Exercise aim:
Set the records down again in full, with every word kept.
___
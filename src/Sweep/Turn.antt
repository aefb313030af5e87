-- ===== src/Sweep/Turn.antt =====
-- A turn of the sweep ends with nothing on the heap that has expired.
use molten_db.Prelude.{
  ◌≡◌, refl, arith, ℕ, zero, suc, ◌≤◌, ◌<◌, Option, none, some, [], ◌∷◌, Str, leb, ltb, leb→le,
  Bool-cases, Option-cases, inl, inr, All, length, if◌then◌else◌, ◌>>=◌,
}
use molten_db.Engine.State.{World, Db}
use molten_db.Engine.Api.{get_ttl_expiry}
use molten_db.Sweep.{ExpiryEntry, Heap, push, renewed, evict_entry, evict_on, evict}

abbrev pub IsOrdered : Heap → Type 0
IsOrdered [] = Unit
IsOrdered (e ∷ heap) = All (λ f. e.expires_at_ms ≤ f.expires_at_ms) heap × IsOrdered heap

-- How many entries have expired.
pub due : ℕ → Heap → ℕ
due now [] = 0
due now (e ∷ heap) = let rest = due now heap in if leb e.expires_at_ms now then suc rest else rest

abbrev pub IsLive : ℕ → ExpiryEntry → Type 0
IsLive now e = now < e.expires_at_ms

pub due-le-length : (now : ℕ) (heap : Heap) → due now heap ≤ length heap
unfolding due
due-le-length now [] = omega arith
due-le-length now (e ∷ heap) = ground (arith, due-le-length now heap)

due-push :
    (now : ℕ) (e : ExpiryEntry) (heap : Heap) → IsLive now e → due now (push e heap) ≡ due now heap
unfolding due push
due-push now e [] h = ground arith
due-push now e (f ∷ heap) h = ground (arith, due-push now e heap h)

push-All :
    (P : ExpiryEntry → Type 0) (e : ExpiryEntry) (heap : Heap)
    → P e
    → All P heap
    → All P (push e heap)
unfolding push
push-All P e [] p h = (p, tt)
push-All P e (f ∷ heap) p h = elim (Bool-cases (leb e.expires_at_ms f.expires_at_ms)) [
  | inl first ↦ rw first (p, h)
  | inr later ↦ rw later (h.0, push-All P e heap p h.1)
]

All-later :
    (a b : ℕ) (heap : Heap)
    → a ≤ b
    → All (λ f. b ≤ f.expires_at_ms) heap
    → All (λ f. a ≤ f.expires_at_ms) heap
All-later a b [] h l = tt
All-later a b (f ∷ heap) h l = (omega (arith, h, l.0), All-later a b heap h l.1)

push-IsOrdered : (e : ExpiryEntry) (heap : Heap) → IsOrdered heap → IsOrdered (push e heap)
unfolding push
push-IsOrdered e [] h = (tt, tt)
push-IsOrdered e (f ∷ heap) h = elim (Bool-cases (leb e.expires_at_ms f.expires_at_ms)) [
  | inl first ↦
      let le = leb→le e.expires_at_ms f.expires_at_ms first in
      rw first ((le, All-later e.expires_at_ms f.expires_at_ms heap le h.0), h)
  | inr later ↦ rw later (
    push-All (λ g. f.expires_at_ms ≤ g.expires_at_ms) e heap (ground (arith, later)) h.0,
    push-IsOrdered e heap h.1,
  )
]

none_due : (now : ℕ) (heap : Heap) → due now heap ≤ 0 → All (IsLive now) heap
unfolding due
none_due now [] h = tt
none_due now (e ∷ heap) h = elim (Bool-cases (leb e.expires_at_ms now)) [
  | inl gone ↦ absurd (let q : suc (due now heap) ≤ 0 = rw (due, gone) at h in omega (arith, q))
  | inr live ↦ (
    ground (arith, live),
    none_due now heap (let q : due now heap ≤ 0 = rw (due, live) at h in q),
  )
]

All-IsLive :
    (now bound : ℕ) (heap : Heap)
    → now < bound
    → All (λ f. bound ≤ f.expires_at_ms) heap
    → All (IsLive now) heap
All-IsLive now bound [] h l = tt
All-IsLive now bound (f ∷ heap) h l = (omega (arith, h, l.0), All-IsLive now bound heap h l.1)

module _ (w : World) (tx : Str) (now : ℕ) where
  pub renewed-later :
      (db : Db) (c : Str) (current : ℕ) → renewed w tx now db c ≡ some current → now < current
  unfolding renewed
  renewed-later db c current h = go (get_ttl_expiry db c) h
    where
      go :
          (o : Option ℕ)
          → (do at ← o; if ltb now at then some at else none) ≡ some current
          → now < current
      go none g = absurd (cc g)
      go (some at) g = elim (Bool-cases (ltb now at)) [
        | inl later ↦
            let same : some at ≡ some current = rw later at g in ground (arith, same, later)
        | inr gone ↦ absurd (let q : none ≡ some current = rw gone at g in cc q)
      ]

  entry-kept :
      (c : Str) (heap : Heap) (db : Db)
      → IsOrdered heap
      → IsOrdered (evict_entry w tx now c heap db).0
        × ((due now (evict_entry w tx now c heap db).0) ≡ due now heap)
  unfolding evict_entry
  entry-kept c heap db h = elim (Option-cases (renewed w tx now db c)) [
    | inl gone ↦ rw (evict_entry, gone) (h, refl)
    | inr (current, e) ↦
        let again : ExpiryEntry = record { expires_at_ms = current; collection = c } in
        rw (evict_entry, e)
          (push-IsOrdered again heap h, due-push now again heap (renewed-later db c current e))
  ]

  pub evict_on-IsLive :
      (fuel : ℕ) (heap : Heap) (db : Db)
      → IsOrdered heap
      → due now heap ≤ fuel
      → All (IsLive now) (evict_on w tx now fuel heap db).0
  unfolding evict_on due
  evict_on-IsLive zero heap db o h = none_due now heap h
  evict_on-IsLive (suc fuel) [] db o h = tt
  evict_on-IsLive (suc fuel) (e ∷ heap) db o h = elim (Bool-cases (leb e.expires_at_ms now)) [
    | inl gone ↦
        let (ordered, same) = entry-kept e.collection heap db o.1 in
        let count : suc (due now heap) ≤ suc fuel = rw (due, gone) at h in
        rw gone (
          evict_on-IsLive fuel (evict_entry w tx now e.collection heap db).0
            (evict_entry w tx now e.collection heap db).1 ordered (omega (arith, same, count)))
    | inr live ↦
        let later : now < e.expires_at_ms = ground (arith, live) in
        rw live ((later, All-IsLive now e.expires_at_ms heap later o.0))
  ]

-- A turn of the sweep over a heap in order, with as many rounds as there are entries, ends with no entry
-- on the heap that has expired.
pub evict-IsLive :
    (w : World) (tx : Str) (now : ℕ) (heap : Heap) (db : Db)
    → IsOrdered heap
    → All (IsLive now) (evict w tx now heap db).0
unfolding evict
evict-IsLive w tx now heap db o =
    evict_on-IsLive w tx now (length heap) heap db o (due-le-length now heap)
___
Task result:
filename src/Sweep/Turn.antt
repository aefb313030af5e87
-- ===== src/Sweep/Turn.antt =====
-- A turn of the sweep ends with nothing on the heap that has expired.
use molten_db.Prelude.{
  ◌≡◌, refl, arith, ℕ, zero, suc, ◌≤◌, ◌<◌, Option, none, some, [], ◌∷◌, Str, leb, ltb, leb→le,
  Bool-cases, Option-cases, inl, inr, All, length, if◌then◌else◌, ◌>>=◌,
}
use molten_db.Engine.State.{World, Db}
use molten_db.Engine.Api.{get_ttl_expiry}
use molten_db.Sweep.{ExpiryEntry, Heap, push, renewed, evict_entry, evict_on, evict}

abbrev pub IsOrdered : Heap → Type 0
IsOrdered [] = Unit
IsOrdered (e ∷ heap) = All (λ f. e.expires_at_ms ≤ f.expires_at_ms) heap × IsOrdered heap

-- How many entries have expired.
pub due : ℕ → Heap → ℕ
due now [] = 0
due now (e ∷ heap) = let rest = due now heap in if leb e.expires_at_ms now then suc rest else rest

abbrev pub IsLive : ℕ → ExpiryEntry → Type 0
IsLive now e = now < e.expires_at_ms

pub due-le-length : (now : ℕ) (heap : Heap) → due now heap ≤ length heap
unfolding due
due-le-length now [] = omega arith
due-le-length now (e ∷ heap) = ground (arith, due-le-length now heap)

due-push :
    (now : ℕ) (e : ExpiryEntry) (heap : Heap) → IsLive now e → due now (push e heap) ≡ due now heap
unfolding due push
due-push now e [] h = ground arith
due-push now e (f ∷ heap) h = ground (arith, due-push now e heap h)

push-All :
    (P : ExpiryEntry → Type 0) (e : ExpiryEntry) (heap : Heap)
    → P e
    → All P heap
    → All P (push e heap)
unfolding push
push-All P e [] p h = (p, tt)
push-All P e (f ∷ heap) p h = elim (Bool-cases (leb e.expires_at_ms f.expires_at_ms)) [
  | inl first ↦ rw first (p, h)
  | inr later ↦ rw later (h.0, push-All P e heap p h.1)
]

All-later :
    (a b : ℕ) (heap : Heap)
    → a ≤ b
    → All (λ f. b ≤ f.expires_at_ms) heap
    → All (λ f. a ≤ f.expires_at_ms) heap
All-later a b [] h l = tt
All-later a b (f ∷ heap) h l = (omega (arith, h, l.0), All-later a b heap h l.1)

push-IsOrdered : (e : ExpiryEntry) (heap : Heap) → IsOrdered heap → IsOrdered (push e heap)
unfolding push
push-IsOrdered e [] h = (tt, tt)
push-IsOrdered e (f ∷ heap) h = elim (Bool-cases (leb e.expires_at_ms f.expires_at_ms)) [
  | inl first ↦
      let le = leb→le e.expires_at_ms f.expires_at_ms first in
      rw first ((le, All-later e.expires_at_ms f.expires_at_ms heap le h.0), h)
  | inr later ↦ rw later (
    push-All (λ g. f.expires_at_ms ≤ g.expires_at_ms) e heap (ground (arith, later)) h.0,
    push-IsOrdered e heap h.1,
  )
]

none_due : (now : ℕ) (heap : Heap) → due now heap ≤ 0 → All (IsLive now) heap
unfolding due
none_due now [] h = tt
none_due now (e ∷ heap) h = elim (Bool-cases (leb e.expires_at_ms now)) [
  | inl gone ↦ absurd (let q : suc (due now heap) ≤ 0 = rw (due, gone) at h in omega (arith, q))
  | inr live ↦ (
    ground (arith, live),
    none_due now heap (let q : due now heap ≤ 0 = rw (due, live) at h in q),
  )
]

All-IsLive :
    (now bound : ℕ) (heap : Heap)
    → now < bound
    → All (λ f. bound ≤ f.expires_at_ms) heap
    → All (IsLive now) heap
All-IsLive now bound [] h l = tt
All-IsLive now bound (f ∷ heap) h l = (omega (arith, h, l.0), All-IsLive now bound heap h l.1)

module _ (w : World) (tx : Str) (now : ℕ) where
  pub renewed-later :
      (db : Db) (c : Str) (current : ℕ) → renewed w tx now db c ≡ some current → now < current
  unfolding renewed
  renewed-later db c current h = go (get_ttl_expiry db c) h
    where
      go :
          (o : Option ℕ)
          → (do at ← o; if ltb now at then some at else none) ≡ some current
          → now < current
      go none g = absurd (cc g)
      go (some at) g = elim (Bool-cases (ltb now at)) [
        | inl later ↦
            let same : some at ≡ some current = rw later at g in ground (arith, same, later)
        | inr gone ↦ absurd (let q : none ≡ some current = rw gone at g in cc q)
      ]

  entry-kept :
      (c : Str) (heap : Heap) (db : Db)
      → IsOrdered heap
      → IsOrdered (evict_entry w tx now c heap db).0
        × ((due now (evict_entry w tx now c heap db).0) ≡ due now heap)
  unfolding evict_entry
  entry-kept c heap db h = elim (Option-cases (renewed w tx now db c)) [
    | inl gone ↦ rw (evict_entry, gone) (h, refl)
    | inr (current, e) ↦
        let again : ExpiryEntry = record { expires_at_ms = current; collection = c } in
        rw (evict_entry, e)
          (push-IsOrdered again heap h, due-push now again heap (renewed-later db c current e))
  ]

  pub evict_on-IsLive :
      (fuel : ℕ) (heap : Heap) (db : Db)
      → IsOrdered heap
      → due now heap ≤ fuel
      → All (IsLive now) (evict_on w tx now fuel heap db).0
  unfolding evict_on due
  evict_on-IsLive zero heap db o h = none_due now heap h
  evict_on-IsLive (suc fuel) [] db o h = tt
  evict_on-IsLive (suc fuel) (e ∷ heap) db o h = elim (Bool-cases (leb e.expires_at_ms now)) [
    | inl gone ↦
        let (ordered, same) = entry-kept e.collection heap db o.1 in
        let count : suc (due now heap) ≤ suc fuel = rw (due, gone) at h in
        rw gone (
          evict_on-IsLive fuel (evict_entry w tx now e.collection heap db).0
            (evict_entry w tx now e.collection heap db).1 ordered (omega (arith, same, count)))
    | inr live ↦
        let later : now < e.expires_at_ms = ground (arith, live) in
        rw live ((later, All-IsLive now e.expires_at_ms heap later o.0))
  ]

-- A turn of the sweep over a heap in order, with as many rounds as there are entries, ends with no entry
-- on the heap that has expired.
pub evict-IsLive :
    (w : World) (tx : Str) (now : ℕ) (heap : Heap) (db : Db)
    → IsOrdered heap
    → All (IsLive now) (evict w tx now heap db).0
unfolding evict
evict-IsLive w tx now heap db o =
    evict_on-IsLive w tx now (length heap) heap db o (due-le-length now heap)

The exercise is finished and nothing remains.